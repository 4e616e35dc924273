-- ===== src/Ratchet/Delivery/Order.antt =====
-- Delivery in order, ahead of order, and late.
use messk.Prelude.{
  ℕ, suc, ◌+◌, ◌≤◌, ◌<◌, ◌≡◌, refl, ap, ◌∙◌, sym, Option, none, some, Text, nonempty, length,
  ◌or_else◌, arith, true, same_refl, if◌then◌else◌, subst,
}
use messk.Prelude.Dict.{Dict, lookup}
use messk.Ratchet.Platform.{
  Platform, IsPlatform, Bytes, KeyPair, Session, RatchetMessage, sent_header,
}
use messk.Ratchet.Step.{done, >>?-some}
use messk.Ratchet.Keys.{kdf_chain, skip_loop, skipped_key_id}
use messk.Ratchet.Chain.{chain_after, chain_after-next, skipped_key_id_inj, skip_loop-keeps}
use messk.Ratchet.Open.{decrypt-seal, seal-valid, same_header}
use messk.Ratchet.Send.{encrypt}
use messk.Ratchet.Receive.{decrypt}
use messk.Ratchet.Delivery.{Ahead, Sent, encrypt-Sent, decrypt-ahead}

pub kdf_chain-long :
    (p : Platform) (h : IsPlatform p) (c next key : Bytes)
    → kdf_chain p c ≡ some (next, key)
    → (0 < length next) × (0 < length key)
unfolding kdf_chain
kdf_chain-long p h c next key e =
    let (k, signed, e1) = >>?-some (p.sign c _) _ (next, key) e in
    let (n, signed', e2) = >>?-some (p.sign c _) _ (next, key) e1 in
    let l = h.sign_length c _ k signed in
    let l' = h.sign_length c _ n signed' in
    let q : n ≡ next = ap (λ (o : Option (Bytes × Bytes)). (o or_else (n, k)).0) e2 in
    let q' : k ≡ key = ap (λ (o : Option (Bytes × Bytes)). (o or_else (n, k)).1) e2 in
    (rw (← q) (omega arith), rw (← q') (omega arith))

pub chain_after-none : (p : Platform) (k : Bytes) → chain_after p k 0 ≡ some k
unfolding chain_after
chain_after-none p k = refl

pub same_header_refl : (k : Text) (n pn : ℕ) → same_header k n pn k n pn ≡ true
same_header_refl k n pn = ground (arith, same_refl k)

module _ (p : Platform) (h : IsPlatform p) (pair : KeyPair) (nonce : Bytes) (plaintext : Text)
    (sender receiver : Session) (msg : RatchetMessage) (d : ℕ) where
  -- A message that is sent puts the sender one further ahead of a receiver on the same chain.
  pub encrypt-Ahead :
      Ahead p sender receiver d
      → (encrypt p pair nonce plaintext sender).0 ≡ done msg
      → Ahead p (encrypt p pair nonce plaintext sender).1 receiver (d + 1)
  encrypt-Ahead a e =
      let (next, key, derived, sealed, after) =
        encrypt-Sent p h pair nonce plaintext sender a.sent msg a.send_key a.sent_long e in
      let later = (chain_after-next p a.expected d a.sent next key a.chain derived).0 in
      subst (λ s. Ahead p s receiver (d + 1)) (sym after)
        (record {
          sent = next;
          expected = a.expected;
          send_key = refl;
          recv_key = a.recv_key;
          sent_long = (kdf_chain-long p h a.sent next key derived).0;
          expected_long = a.expected_long;
          chain = (let one_more : d + 1 ≡ suc d = omega arith in rw one_more later);
          index = omega (arith, a.index);
          peer = a.peer;
          named = a.named;
          fresh = a.fresh;
        })

  -- What the receiver then does with the message.
  pub delivered :
      (a : Ahead p sender receiver d)
      → d ≤ 50
      → (sent : Sent p h pair nonce plaintext sender a.sent msg) → nonempty plaintext ≡ true
      → (reply : KeyPair)
      → (keys : Dict Text) × (skip_loop p sender.send_ratchet_pub_key d receiver.recv_chain_index
            a.expected receiver.skipped_keys
          ≡ some (a.sent, keys))
        × (decrypt p msg reply receiver ≡ (
          done plaintext,
          record receiver {
            recv_chain_key = some (p.encode_base64 sent.0);
            recv_chain_index = receiver.recv_chain_index + d + 1;
            skipped_keys = keys;
          },
        ))
  delivered a reach (next, key, derived, sealed, after) written reply =
      let pub_key = sender.send_ratchet_pub_key in
      let pn = sender.previous_send_chain_length in
      let (header, cipher) =
        seal-valid p h nonce key pub_key sender.send_chain_index pn plaintext msg sealed in
      let opens =
        decrypt-seal p h nonce key pub_key sender.send_chain_index pn plaintext msg pub_key
          sender.send_chain_index pn sealed in
      decrypt-ahead p h reply msg receiver a.expected a.sent next key d pn pub_key plaintext
        a.recv_key a.expected_long a.sent_long a.peer a.named a.chain reach derived
        (header ∙ ap (λ n. sent_header pub_key n pn) a.index) cipher
        (a.fresh (receiver.recv_chain_index + d) (omega arith))
        (rw (← a.index) (
          opens
          ∙ ap (λ b. if b then some plaintext else none)
              (same_header_refl pub_key sender.send_chain_index pn)))
        written

  -- The receiver's stored keys after it are of earlier messages.
  pub fresh-skip_loop :
      (a : Ahead p sender receiver d)
      → (keys : Dict Text)
      → skip_loop p sender.send_ratchet_pub_key d receiver.recv_chain_index a.expected
          receiver.skipped_keys
        ≡ some (a.sent, keys)
      → (j : ℕ) → receiver.recv_chain_index + d ≤ j
      → lookup (skipped_key_id sender.send_ratchet_pub_key j) keys ≡ none
  fresh-skip_loop a keys loop j later =
      skip_loop-keeps p sender.send_ratchet_pub_key d receiver.recv_chain_index a.expected
        receiver.skipped_keys a.sent keys _ loop
        (λ i low high e. let same_number = (skipped_key_id_inj _ _ i j e).1 in absurd (omega arith))
      ∙ a.fresh j (omega arith)

  -- If the sender is at most 50 messages ahead on the receiver's chain, then a message that it
  -- encrypts decrypts to its text, if that is not empty; and afterwards the two are in step on
  -- the chain.
  pub decrypt-encrypt :
      Ahead p sender receiver d
      → d ≤ 50
      → (encrypt p pair nonce plaintext sender).0 ≡ done msg
      → nonempty plaintext ≡ true
      → (reply : KeyPair)
      → ((decrypt p msg reply receiver).0 ≡ done plaintext)
        × Ahead p (encrypt p pair nonce plaintext sender).1 (decrypt p msg reply receiver).1 0
  decrypt-encrypt a reach e written reply =
      let sent = encrypt-Sent p h pair nonce plaintext sender a.sent msg a.send_key a.sent_long e in
      let (keys, loop, q) = delivered a reach sent written reply in
      let long = (kdf_chain-long p h a.sent sent.0 sent.1 sent.2).0 in
      (
        ap (λ r. r.0) q,
        rw (q, sent.4)
            (record {
              sent = sent.0;
              expected = sent.0;
              send_key = refl;
              recv_key = refl;
              sent_long = long;
              expected_long = long;
              chain = chain_after-none p sent.0;
              index = omega (arith, a.index);
              peer = a.peer;
              named = a.named;
              fresh = λ j later. fresh-skip_loop a keys loop j (omega arith);
            }),
      )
---
WHAT TO WORK ON - In the entries above, find the line holding "let (next, key, derived, sealed, after)" and the line holding "-- What the", then retype exactly those two lines and every line between them, and nothing else.

TASK SOLUTION -
      let (next, key, derived, sealed, after) =
        encrypt-Sent p h pair nonce plaintext sender a.sent msg a.send_key a.sent_long e in
      let later = (chain_after-next p a.expected d a.sent next key a.chain derived).0 in
      subst (λ s. Ahead p s receiver (d + 1)) (sym after)
        (record {
          sent = next;
          expected = a.expected;
          send_key = refl;
          recv_key = a.recv_key;
          sent_long = (kdf_chain-long p h a.sent next key derived).0;
          expected_long = a.expected_long;
          chain = (let one_more : d + 1 ≡ suc d = omega arith in rw one_more later);
          index = omega (arith, a.index);
          peer = a.peer;
          named = a.named;
          fresh = a.fresh;
        })

  -- What the receiver then does with the message.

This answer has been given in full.